WRC : LOEB-ELENA VISENT UNE NOUVELLE VICTOIRE AU MEXIQUE

 

Après l’asphalte, la neige et la glace, place désormais à la terre !

Le Championnat du Monde des Rallyes 2012, entame en milieu de semaine, une longue, très longue série de six épreuves sur terre. à commencer par ce Rallye du Mexique, lequel est devenu au fil des saisons, un grand classique du Championnat WRC.

 

Les routes montagneuses de la Sierra Madre, sont d’ailleurs devenues une véritable chasse gardée pour le ‘couple’ Sébastien Loeb et Daniel Elena, invaincus avec leur Citroën et ce depuis … 2006 !

Deuxièmes l’an passé, leur nouveau partenaires, le duo Finlandais, Mikko Hirvonen et Jarmo Lehtinen, compte lui sur les qualités de leur DS3 WRC, pour tenter de faire au moins aussi bien…

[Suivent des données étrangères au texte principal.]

-- ===== src/Watcher/Coalesce.antt =====
-- Every file event ends up in one trigger, or is still pending.
use process_compose.Common.{
  ℕ, String, ◌≡◌, refl, true, false, List, [], ◌∷◌, ◌++◌, Option, none, some, ◌<◌, arith, length,
  is_some, ◌≢◌,
}
use process_compose.Watcher.Debounce.{
  Trigger, Debouncer, new_debouncer, notify, on_elapsed, stop, Call, notified, elapsed, stopped,
  call, calls, fire,
}
use process_compose.Watcher.Bursts.{
  Event, events, Coalesced, nothing, Knows, idle, busy, Inv, Elapsed, quiet, fired, notify-stopped,
  on_elapsed-stopped, Knows-length, stop-stopped, notify-Inv, on_elapsed-Elapsed,
}

-- The events that a run leaves in no trigger, and the debouncer that it leaves.
abbrev pub Leaves : String → ℕ → List Event → Option (Debouncer × List (ℕ × Trigger)) → Type 0
Leaves name delay evs r =
    (d : Debouncer) × (ts : List (ℕ × Trigger)) × (pending : List Event) × (r ≡ some (d, ts))
    × Coalesced name delay evs ts pending
    × (d.stopped ≡ false → (d.count ≡ length pending) × (pending ≢ [] → is_some d.timer ≡ true))

-- After a stop nothing is fired.
calls_stopped :
    (cs : List Call) (d : Debouncer) (ts : List (ℕ × Trigger))
    → d.stopped ≡ true
    → (d' : Debouncer) × (calls cs d ts ≡ some (d', ts)) × (d'.stopped ≡ true)
unfolding calls call stop
calls_stopped [] d ts h = (d, refl, h)
calls_stopped (notified path at now ∷ cs) d ts h =
    rw (notify-stopped path at now d h) (calls_stopped cs d ts h)
calls_stopped (elapsed now ∷ cs) d ts h =
    rw (calls, on_elapsed-stopped now d h) (calls_stopped cs (record d { timer = none }) ts h)
calls_stopped (stopped ∷ cs) d ts h = calls_stopped cs (stop d) ts refl

module _ (name : String) (delay : ℕ) where
  calls-Leaves :
      (cs : List Call) (d : Debouncer) (evs : List Event) (ts : List (ℕ × Trigger))
      (pending : List Event)
      → Inv name delay d evs ts pending
      → Leaves name delay (events evs cs) (calls cs d ts)
  unfolding calls call
  calls-Leaves [] d evs ts pending inv = (
    d,
    ts,
    pending,
    refl,
    inv.coalesced,
    λ _. (Knows-length d pending inv.knows, armed pending inv.knows),
  )
    where
      armed : (pending : List Event) → Knows d pending → pending ≢ [] → is_some d.timer ≡ true
      armed _ (idle e) h = absurd (h refl)
      armed _ (busy front due e t) h = ground (arith, t)
  calls-Leaves (notified path at now ∷ cs) d evs ts pending inv =
      calls-Leaves cs (notify path at now d) (evs ++ (path, at) ∷ []) ts
        (pending ++ (path, at) ∷ []) (notify-Inv name delay path at now d evs ts pending inv)
  calls-Leaves (elapsed now ∷ cs) d evs ts pending inv =
      go (on_elapsed now d) (on_elapsed-Elapsed name delay now d evs ts pending inv)
        (λ d' ts' pending'. calls-Leaves cs d' evs ts' pending')
    where
      go :
          (r : Option (Debouncer × Option Trigger))
          → Elapsed name delay now d evs ts pending r
          → ((d' : Debouncer) (ts' : List (ℕ × Trigger)) (pending' : List Event)
              → Inv name delay d' evs ts' pending'
              → Leaves name delay (events evs cs) (calls cs d' ts'))
          → Leaves name delay
              (events evs cs)
              (elim r [ none ↦ none | some (d', t) ↦ calls cs d' (fire now t ts) ])
      go none x rest = elim x [ ]
      go (some (d', none)) (quiet _ inv') rest = rest d' ts pending inv'
      go (some (d', some t)) (fired _ _ inv') rest = rest d' (ts ++ (now, t) ∷ []) [] inv'
  calls-Leaves (stopped ∷ cs) d evs ts pending inv =
      let (d', same, halted) = calls_stopped cs (stop d) ts (stop-stopped d) in
      (d', ts, pending, same, inv.coalesced, λ h. absurd (cc))

-- A debouncer with a delay never touches a timer that is nil, whatever the order of its calls. The
-- events up to a stop are, in their order, those of the triggers it fired and then some that are in
-- none: each trigger stands for one burst, with its length and its last event, and was fired at least
-- the delay after that. If it was not stopped, the count is that of the events in no trigger, and
-- while there are any, the timer is armed.
pub calls-Coalesced :
    (name : String) (delay : ℕ) (cs : List Call)
    → 0 < delay
    → Leaves name delay (events [] cs) (calls cs (new_debouncer name delay) [])
unfolding new_debouncer
calls-Coalesced name delay cs h =
    calls-Leaves name delay cs (new_debouncer name delay) [] [] [] (record {
      named = refl;
      delayed = ground arith;
      running = refl;
      knows = idle refl;
      coalesced = nothing;
    })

Si ce n’est mieux, beaucoup mieux !!!

Apparu au calendrier du Championnat du Monde en 2004, le Rallye du Mexique, s’est depuis imposé comme une des manches les plus populaires de la saison. D’abord circonspects, les spectateurs de la province de León ou se déroule l’èpreuve, suivent maintenant avec passion les exploits des pilotes… à commencer par leur idole, Sébastien Loeb.

 

Sébastien Loeb qui confie:

« C’est toujours un rendez-vous agréable. Il fait beau, les spéciales offrent beaucoup de plaisir de pilotage et on sent que les gens sont passionnés. La cérémonie de départ organisée le jeudi soir dans les rues de Guanajuato est un des temps forts de la saison. C’est plutôt sympa d’attaquer aussitôt le rallye avec la spéciale tracée dans les souterrains pavés de la cité minière ».

Disputé sur terre, le Rallye du Mexique fait également la part belle aux ‘super spéciales’, qui constituent sept des vingt quatre secteurs chronométrés du rallye. Même si elles ne représentent que 3% du kilométrage, ces spéciales peuvent s’avérer décisives en cas de lutte serrée.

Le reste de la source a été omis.